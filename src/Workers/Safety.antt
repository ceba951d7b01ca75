-- ===== src/Workers/Safety.antt =====
-- What every reachable state says of the transactions that threads have taken.
use icsa_artifact.Base.{ℕ, ◌<◌, ◌≡◌, ◌≢◌, refl, ◌∙◌, ◌↔◌, subst, Bool, true, arith}
use icsa_artifact.Base.Int.{pos}
use icsa_artifact.Workers.Sum.{le-sum, sum-eq-zero}
use icsa_artifact.Workers.Inv.{pending, outstanding, IsDag, Inv}
use icsa_artifact.Workers.Keep.{Reach-Inv, claimed}
use icsa_artifact.Workers.{
  Phase, foreign, waiting, running, executed, releasing, done, System, Reach,
}

-- A transaction whose effects are complete: the thread that took it is past `ProcessTxn`, and has
-- let `i` go.
abbrev pub HasReleased : Phase → ℕ → Type 0
HasReleased (releasing next) i = i < next
HasReleased done i = Unit
HasReleased _ i = ⊥

released :
    (phase : Phase) (a i : ℕ)
    → a ≡ 1
    → phase ≢ foreign
    → pending phase a i ≡ 0
    → HasReleased phase i
released foreign a i edge f z = absurd (f refl)
released waiting a i edge f z = omega arith
released running a i edge f z = omega arith
released executed a i edge f z = omega arith
released (releasing next) a i edge f z = ground arith
released done a i edge f z = tt

-- Over a matrix of zeros and ones with edges from lower to higher positions only, none of which
-- leaves the node's share (`IsDag`): in every reachable state, a transaction of the node that has
-- been taken by a thread has all its predecessors in the matrix behind it. Each has been processed,
-- and its thread has decremented this transaction's in-degree.
pub predecessors_first :
    (n : ℕ) (adj : ℕ → ℕ → ℕ) (assigned : ℕ → Bool)
    → IsDag adj assigned
    → {s : System} → Reach n adj assigned s
    → (p i : ℕ) → i < n
    → assigned i ≡ true
    → s.phase i ≢ waiting
    → adj p i ≡ 1
    → HasReleased (s.phase p) i
predecessors_first n adj assigned dag {s} r p i lt mine taken edge =
    released (s.phase p) (adj p i) i edge (inv.own p (dag.closed p i edge ∙ mine)) (
      omega
        (arith, inv.clear i lt mine taken, le-sum (λ q. pending (s.phase q) (adj q i) i) n p below))
  where
    inv : Inv n adj assigned s
    inv = Reach-Inv n adj assigned dag r

    below : p < n
    below = omega (arith, dag.upper p i edge)

module _ (n : ℕ) (adj : ℕ → ℕ → ℕ) (assigned : ℕ → Bool) (dag : IsDag adj assigned) {s : System}
    (r : Reach n adj assigned s) where
  mine_of_running : (i : ℕ) → s.phase i ≡ running → assigned i ≡ true
  mine_of_running i e = ground (arith, (Reach-Inv n adj assigned dag r).others i)

  apart : (p i : ℕ) → i < n → s.phase p ≡ running → s.phase i ≡ running → adj p i ≢ 1
  apart p i lt run_p run_i edge =
      subst (λ phase. HasReleased phase i) run_p
        (predecessors_first n adj assigned dag r p i lt (mine_of_running i run_i)
          (rw run_i (ground arith)) edge)

-- Over a matrix and a share of the node as `IsDag` describes, in every reachable state, two transactions that are both being processed have no edge between
-- them.
pub no_conflict_runs :
    (n : ℕ) (adj : ℕ → ℕ → ℕ) (assigned : ℕ → Bool)
    → IsDag adj assigned
    → {s : System} → Reach n adj assigned s
    → (p i : ℕ) → p < n
    → i < n
    → s.phase p ≡ running
    → s.phase i ≡ running
    → (adj p i ≢ 1) × (adj i p ≢ 1)
no_conflict_runs n adj assigned dag r p i lt_p lt_i run_p run_i = (
  apart n adj assigned dag r p i lt_i run_p run_i,
  apart n adj assigned dag r i p lt_p run_i run_p,
)

-- Over a matrix and a share of the node as `IsDag` describes, in every reachable state, an in-degree of 0, which the compare-exchange of `selectTxn` looks for,
-- belongs to a transaction of this node that no thread has taken before.
pub taken_once :
    (n : ℕ) (adj : ℕ → ℕ → ℕ) (assigned : ℕ → Bool)
    → IsDag adj assigned
    → {s : System} → Reach n adj assigned s
    → (i : ℕ) → i < n
    → s.in_degree i ≡ pos 0
    → (assigned i ≡ true) × (s.phase i ≡ waiting)
taken_once n adj assigned dag r i lt z =
    let (mine, fresh, _) = claimed n adj assigned dag (Reach-Inv n adj assigned dag r) i lt z in
    (mine, fresh)

-- Over a matrix and a share of the node as `IsDag` describes, in every reachable state, the test `completedTxns == totalTxns` holds exactly if every
-- transaction of this node has been processed and counted.
pub completed_iff :
    (n : ℕ) (adj : ℕ → ℕ → ℕ) (assigned : ℕ → Bool)
    → IsDag adj assigned
    → {s : System} → Reach n adj assigned s
    → (s.completed ≡ n) ↔ ((i : ℕ) → i < n → outstanding (s.phase i) ≡ 0)
completed_iff n adj assigned dag {s} r = (
  λ all i lt. omega (arith, counted, le-sum (λ k. outstanding (s.phase k)) n i lt),
  λ none_left. omega (arith, counted, sum-eq-zero (λ k. outstanding (s.phase k)) n none_left),
)
  where
    open (Reach-Inv n adj assigned dag r) use {counted}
* * * * * * * * *
Brief - Go through the listing above, count the lines that contain "matrix", and state that number alone.

Exercise solution - 5